* _EXERCISE BRIEF_: Given the records below, pull every line with the word "psram" into the answer.

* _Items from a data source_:
_ _ _ _ _ _ _

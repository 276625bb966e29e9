-- ===== src/Device/Settings/Printed.antt =====
-- firmware/overlay/configstore.cpp: how the configuration is printed, a field alone and all of them.
use freematics_gui.Base.{Bool, true, false, if◌then◌else◌, List, [], ◌∷◌, ◌++◌}
use freematics_gui.Text.{codes, text_eq}
use freematics_gui.Text.Utf8.{Bytes}
use freematics_gui.Text.Decimal.{show, show_signed}
use freematics_gui.Device.Strings.{Numbers}
use freematics_gui.Device.Settings.{Config}

abbrev pub bool_bytes : Bool → Bytes
bool_bytes true = codes "1"
bool_bytes false = codes "0"

module _ {F : Type 0} (num : Numbers F) where
  unfoldable pub get : Bytes → Config F → Bytes
  get key cfg =
      if text_eq key (codes "apn")
      then cfg.apn
      else if text_eq key (codes "ssid")
      then cfg.ssid
      else if text_eq key (codes "wpwd")
      then cfg.wpwd
      else if text_eq key (codes "srv_host")
      then cfg.srv_host
      else if text_eq key (codes "srv_port")
      then show cfg.srv_port
      else if text_eq key (codes "srv_proto")
      then cfg.srv_proto
      else if text_eq key (codes "srv_path")
      then cfg.srv_path
      else if text_eq key (codes "gnss")
      then cfg.gnss
      else if text_eq key (codes "storage")
      then cfg.storage
      else if text_eq key (codes "obd")
      then bool_bytes cfg.obd
      else if text_eq key (codes "mems")
      then bool_bytes cfg.mems
      else if text_eq key (codes "wifi")
      then bool_bytes cfg.wifi
      else if text_eq key (codes "ble")
      then bool_bytes cfg.ble
      else if text_eq key (codes "httpd")
      then bool_bytes cfg.httpd
      else if text_eq key (codes "sim_pin")
      then cfg.sim_pin
      else if text_eq key (codes "apn_user")
      then cfg.apn_user
      else if text_eq key (codes "apn_pass")
      then cfg.apn_pass
      else if text_eq key (codes "ap_ssid")
      then cfg.ap_ssid
      else if text_eq key (codes "ap_pwd")
      then cfg.ap_pwd
      else if text_eq key (codes "motion_thr")
      then num.fixed_4 cfg.motion_thr
      else if text_eq key (codes "jumpstart_v")
      then show_signed cfg.jumpstart_v
      else if text_eq key (codes "cooling_t")
      then show_signed cfg.cooling_t
      else if text_eq key (codes "gnss_always")
      then bool_bytes cfg.gnss_always
      else if text_eq key (codes "gnss_reset_t")
      then show_signed cfg.gnss_reset_t
      else if text_eq key (codes "max_obd_err")
      then show_signed cfg.max_obd_err
      else if text_eq key (codes "srv_sync_int")
      then show_signed cfg.srv_sync_int
      else if text_eq key (codes "pingback_int")
      then show_signed cfg.pingback_int
      else if text_eq key (codes "psram")
      then bool_bytes cfg.psram
      else []

  -- The keys and what is printed for them, in the order of the dump.
  unfoldable pub entries : Config F → List (Bytes × Bytes)
  entries cfg =
      (codes "apn", cfg.apn)
      ∷ (codes "ssid", cfg.ssid)
      ∷ (codes "wpwd", cfg.wpwd)
      ∷ (codes "srv_host", cfg.srv_host)
      ∷ (codes "srv_port", show cfg.srv_port)
      ∷ (codes "srv_proto", cfg.srv_proto)
      ∷ (codes "srv_path", cfg.srv_path)
      ∷ (codes "gnss", cfg.gnss)
      ∷ (codes "storage", cfg.storage)
      ∷ (codes "obd", bool_bytes cfg.obd)
      ∷ (codes "mems", bool_bytes cfg.mems)
      ∷ (codes "wifi", bool_bytes cfg.wifi)
      ∷ (codes "ble", bool_bytes cfg.ble)
      ∷ (codes "httpd", bool_bytes cfg.httpd)
      ∷ (codes "sim_pin", cfg.sim_pin)
      ∷ (codes "apn_user", cfg.apn_user)
      ∷ (codes "apn_pass", cfg.apn_pass)
      ∷ (codes "ap_ssid", cfg.ap_ssid)
      ∷ (codes "ap_pwd", cfg.ap_pwd)
      ∷ (codes "motion_thr", num.fixed_4 cfg.motion_thr)
      ∷ (codes "jumpstart_v", show_signed cfg.jumpstart_v)
      ∷ (codes "cooling_t", show_signed cfg.cooling_t)
      ∷ (codes "gnss_always", bool_bytes cfg.gnss_always)
      ∷ (codes "gnss_reset_t", show_signed cfg.gnss_reset_t)
      ∷ (codes "max_obd_err", show_signed cfg.max_obd_err)
      ∷ (codes "srv_sync_int", show_signed cfg.srv_sync_int)
      ∷ (codes "pingback_int", show_signed cfg.pingback_int)
      ∷ (codes "psram", bool_bytes cfg.psram)
      ∷ []

  abbrev pub joined : List (Bytes × Bytes) → Bytes
  joined [] = []
  joined ((key, val) ∷ rest) = key ++ (b'=' ∷ (val ++ (b'\n' ∷ joined rest)))

  unfoldable pub dump : Config F → Bytes
  dump cfg = joined (entries cfg)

_ _ _ _ _ _ _

* _RESPONSE AREA_:
      else if text_eq key (codes "psram")
      then bool_bytes cfg.psram
      ∷ (codes "psram", bool_bytes cfg.psram)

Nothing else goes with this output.